Daerah
Saksi Ahli Ungkap Terdakwa Pembunuh Istri Hamil dan Dua Balita di Berau Alami Depresi Berat, Sempat Dua Kali Coba Bunuh Diri
Kaltimtoday.co, Berau - Sidang perkara pembunuhan dengan terdakwa Julius (40) kembali digelar di Pengadilan Negeri Tanjung Redeb, Berau. Agenda sidang kali ini menghadirkan saksi ahli kejiwaan yang dihadirkan Jaksa Penuntut Umum (JPU), Senin (19/1/2026).
Sidang dipimpin Ketua Majelis Hakim Agung Dwi Prabowo, didampingi hakim anggota Muhammad Hanif Ramadhan dan Firzi Ramdhan. Adapun saksi ahli yang memberikan keterangan adalah dokter spesialis kejiwaan RSUD Abdul Rivai, dr. Melanny Widjaja.
Dalam sidang keempat tersebut, dr. Melanny mengungkapkan temuan baru terkait kondisi psikologis terdakwa. Berdasarkan hasil pemeriksaan awal, Julius diduga mengalami episode depresif.
Episode depresif merupakan kondisi gangguan suasana hati yang ditandai dengan perasaan sedih mendalam dan gejala depresi lainnya selama dua minggu atau lebih. Kondisi ini kerap ditemukan pada individu dengan gangguan bipolar, yang ditandai perubahan suasana hati secara ekstrem.
Akibat gangguan mental tersebut, terdakwa disebut sempat dua kali melakukan percobaan bunuh diri.
“Berdasarkan hasil pemeriksaan, terdakwa dinyatakan mengalami episode depresif berat,” ujar dr. Melanny di hadapan majelis hakim.
Ia menjelaskan, pemeriksaan kejiwaan tidak dapat dilakukan secara singkat karena memerlukan observasi jangka panjang selama berbulan-bulan untuk memastikan diagnosis yang akurat.
Dalam perspektif medis, depresi terbagi dalam tiga tingkat, yakni ringan, sedang, dan berat. Pada kondisi depresif berat, kecenderungan menyakiti diri sendiri justru lebih dominan dibandingkan melukai orang lain.
Terkait faktor pemicu, dr. Melanny menyebut adanya kombinasi faktor internal dan eksternal. Terungkap bahwa Julius mengalami tekanan mental akibat harus menghentikan perkuliahan meski telah menjalani Kuliah Kerja Nyata (KKN) karena masalah ekonomi.

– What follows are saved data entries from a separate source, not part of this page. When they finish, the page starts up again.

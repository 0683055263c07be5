-- ===== src/Joins.antt =====
-- floem/join_handling.py: which input ports of a join instance each instance fires (`wrap_port`,
-- `dfs_cover`), and the instances that create and pass its buffer (`annotate_for_instance`).
pub mod Derived
pub mod Valid
pub mod Sums
pub mod Ends
pub mod Marked
mod Samples
use floem.Prelude.{
  ℕ, zero, suc, String, Bool, true, false, not, ◌&&◌, ◌||◌, Option, none, some, List, [], ◌∷◌, ◌++◌,
  ◌==◌, Equality, String_equality, if◌then◌else◌, Result, ok, err, ◌>>=◌, ◌>>◌, Dict, get, put,
  keys, values, has, contains, length, ltb, nat_eq,
}
use floem.Flow.{
  FlowError, Piece, FlowCollection, piece_eq, no_flow, port_flow, goal_flow, union, intersection,
  append, full, empty, happens_before,
}
use floem.Graph.{
  GraphError, Fire, all, one, multi, zero_or_one, Port, InPort, single, several, Element, Node,
  Graph,
}

pub data JoinError : Type 0 where
  -- an exception of a method of `FlowCollection`, or of Python
  flow : FlowError → JoinError
  graph : GraphError → JoinError
  -- the exceptions of `dfs_cover`, for the four kinds of elements, and of `annotate_for_instance`
  fired_twice fires_differ fired_often fires_some no_dominant : JoinError

-- A method of `FlowCollection` that is called here.
unfoldable pub of_flow : {A : Type 0} → Result FlowError A → Result JoinError A
of_flow (ok a) = ok a
of_flow (err e) = err (flow e)

-- `[port.name for port in ports].index(name)`, from an index on
unfoldable pub index_from : ℕ → List Port → String → Option ℕ
index_from k [] n = none
index_from k (p ∷ l) n = if p.name == n then some k else index_from (suc k) l n

unfoldable pub port_index : List Port → Option InPort → Result JoinError ℕ
unfolding index_from
port_index l (some (single n)) = elim (index_from 0 l n) [
  | none ↦ err (graph GraphError.value_error)
  | some k ↦ ok k
]
port_index l (some (several k)) = err (graph GraphError.value_error)
port_index l none = err (graph GraphError.value_error)

-- `if instance.join_ports_same_thread`
unfoldable pub is_join : Node → Bool
is_join i = elim i.join_ports_same_thread [ none ↦ false | some l ↦ ltb 0 (length l) ]

-- `wrap_port`. Values are not shared, so `clone` is the identity.
unfoldable pub wrap_port :
    FlowCollection → Node → String → ℕ → Option InPort → Result JoinError FlowCollection
unfolding is_join port_index of_flow
wrap_port cover i target n port =
    if full cover
    then ok (goal_flow target n)
    else if is_join i
    then (do
      k ← port_index i.element.inports port
      of_flow (
          append cover
            (record { instance_name = i.name; ports = k ∷ []; total = length i.element.inports })))
    else ok cover

-- `FlowCollection.__eq__`
unfoldable pub pieces_eq : List Piece → List Piece → Bool
pieces_eq [] [] = true
pieces_eq (x ∷ k) (y ∷ l) = piece_eq x y && pieces_eq k l
pieces_eq _ _ = false

unfoldable pub flow_eq : FlowCollection → FlowCollection → Bool
unfolding pieces_eq
flow_eq a b =
    pieces_eq a.collection b.collection && (nat_eq a.total b.total && a.target == b.target)

-- `cover` and `cover_map` of `dfs_cover`
pub record Cover : Type 0 where
  pub flows : FlowCollection
  pub by_port : Dict FlowCollection

abbrev pub no_cover : String → ℕ → Cover
no_cover target n = record { flows = no_flow target n; by_port = [] }

-- The body of the loop over the output ports, after its call.
unfoldable pub cover_port : Option Fire → Cover → String → FlowCollection → Result JoinError Cover
unfolding flow_eq of_flow
cover_port (some all) c out l = do
  x ← of_flow (intersection c.flows l)
  let added = (do
    u ← of_flow (union c.flows l)
    ok (record { flows = u; by_port = put c.by_port out l }))
  if not (empty x) then err fired_twice else added
cover_port (some one) c out l =
    if ltb 0 (length c.by_port) && not (flow_eq c.flows l)
    then err fires_differ
    else ok (record { flows = l; by_port = put c.by_port out l })
cover_port (some multi) c out l = if not (empty l) then err fired_often else ok c
cover_port (some zero_or_one) c out l =
    if not (full l) && not (empty l) then err fires_some else ok c
cover_port none c out l = if not (full l) && not (empty l) then err fires_some else ok c

-- The two loops over `cover_map`: the pairs that are appended to `join_partial_order`.
unfoldable pub order_after :
    String → FlowCollection → Dict FlowCollection → Result JoinError (List (String × String))
unfolding of_flow
order_after out1 c1 [] = ok []
order_after out1 c1 ((out2, c2) ∷ l) = do
  b ← of_flow (happens_before c1 c2)
  r ← order_after out1 c1 l
  ok (if b then (out1, out2) ∷ r else r)

unfoldable pub order_ports :
    Dict FlowCollection → Dict FlowCollection → Result JoinError (List (String × String))
unfolding order_after
order_ports [] d = ok []
order_ports ((out1, c1) ∷ l) d = do a ← order_after out1 c1 d; b ← order_ports l d; ok (a ++ b)

unfoldable pub port_order :
    Option Fire → Dict FlowCollection → Result JoinError (List (String × String))
unfolding order_ports
port_order (some all) d = order_ports d d
port_order _ d = ok []

-- The map `answer`, and what the calls append to the `join_partial_order` of an instance.
pub record Answer : Type 0 where
  pub answer : Dict FlowCollection
  pub orders : List (String × List (String × String))

-- The loop over the output ports, with the call as an argument.
unfoldable pub cover_ports :
    (String → Option InPort → Answer → Result JoinError (FlowCollection × Answer))
    → Option Fire
    → Dict (String × InPort)
    → Cover
    → Answer
    → Result JoinError (Cover × Answer)
unfolding cover_port
cover_ports call fire [] c s = ok (c, s)
cover_ports call fire ((out, (next, port)) ∷ l) c s = do
  (x, t) ← call next (some port) s
  d ← cover_port fire c out x
  cover_ports call fire l d t

-- `dfs_cover`. The first number bounds the depth of the calls.
unfoldable pub dfs_cover :
    ℕ
    → Graph
    → String
    → ℕ
    → String
    → Option InPort
    → Answer
    → Result JoinError (FlowCollection × Answer)
unfolding port_index cover_ports wrap_port port_order
dfs_cover zero g target n node port s = err (graph GraphError.out_of_fuel)
dfs_cover (suc fuel) g target n node port s = elim (get g.instances node) [
  | none ↦ err (graph GraphError.key_error)
  | some i ↦
      let deeper = (do
        (c, t) ←
            cover_ports (dfs_cover fuel g target n) i.element.output_fire i.output2ele
              (no_cover target n) s
        o ← port_order i.element.output_fire c.by_port
        r ← wrap_port c.flows i target n port
        ok (
          r,
          record { answer = put t.answer node c.flows; orders = t.orders ++ (node, o) ∷ [] },
        )) in
      if node == target
      then (do k ← port_index i.element.inports port; ok (port_flow target n k, s))
      else (elim (get s.answer node) [
        | some c ↦ do r ← wrap_port c i target n port; ok (r, s)
        | none ↦ deeper
      ])
]

-- The loop over the roots.
unfoldable pub cover_roots : ℕ → Graph → String → ℕ → List String → Answer → Result JoinError Answer
unfolding dfs_cover
cover_roots fuel g target n [] s = ok s
cover_roots fuel g target n (root ∷ l) s = do
  (c, t) ← dfs_cover fuel g target n root none s
  if not (empty c) then err no_dominant else cover_roots fuel g target n l t

-- `dominant_nodes` and `passing_nodes`
unfoldable pub dominant_nodes : Dict FlowCollection → List String
dominant_nodes [] = []
dominant_nodes ((name, c) ∷ d) = if full c then name ∷ dominant_nodes d else dominant_nodes d

unfoldable pub passing_nodes : Dict FlowCollection → List String
passing_nodes [] = []
passing_nodes ((name, c) ∷ d) =
    if not (full c) && not (empty c) then name ∷ passing_nodes d else passing_nodes d

-- `instance.element.inports[-1].name`
unfoldable pub last_inport : List Port → Result JoinError String
last_inport [] = err (graph GraphError.value_error)
last_inport (p ∷ []) = ok p.name
last_inport (p ∷ q ∷ l) = last_inport (q ∷ l)

unfoldable pub names_of : List (String × String) → List String
names_of [] = []
names_of ((n, p) ∷ l) = n ∷ names_of l

-- `invoke_nodes`
unfoldable pub invoke_nodes : Node → Result JoinError (List String)
unfolding last_inport names_of
invoke_nodes i = do
  q ← last_inport i.element.inports
  elim (get i.input2ele q) [ none ↦ err (graph GraphError.key_error) | some l ↦ ok (names_of l) ]

-- The instances whose `join_state_create`, `join_func_params` and `join_call` get the join instance,
-- and what is appended to the `join_partial_order` of instances.
pub record Marks : Type 0 where
  pub state_create : List String
  pub func_params : List String
  pub join_call : List String
  pub orders : List (String × List (String × String))

-- `annotate_for_instance` with `detail`
unfoldable pub annotate_for_instance : ℕ → Graph → Node → List String → Result JoinError Marks
unfolding cover_roots dominant_nodes passing_nodes invoke_nodes
annotate_for_instance fuel g i roots = do
  s ←
      cover_roots fuel g i.name (length i.element.inports) roots
        (record { answer = []; orders = [] })
  invoke ← invoke_nodes i
  ok (record {
    state_create = dominant_nodes s.answer;
    func_params = passing_nodes s.answer;
    join_call = invoke;
    orders = s.orders;
  })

Selain itu, terdakwa juga kehilangan sosok nenek yang sangat dekat secara emosional dan menjadi tempat bergantung. Kondisi tersebut diduga memperberat gangguan depresi dan memengaruhi pola pikir serta pengambilan keputusannya.
“Kondisi depresif dapat memicu perilaku sadis apabila tersentuh hal sensitif. Namun perlu dibedakan, tantrum merupakan luapan emosi sesaat, sedangkan depresi adalah gangguan kejiwaan,” jelasnya.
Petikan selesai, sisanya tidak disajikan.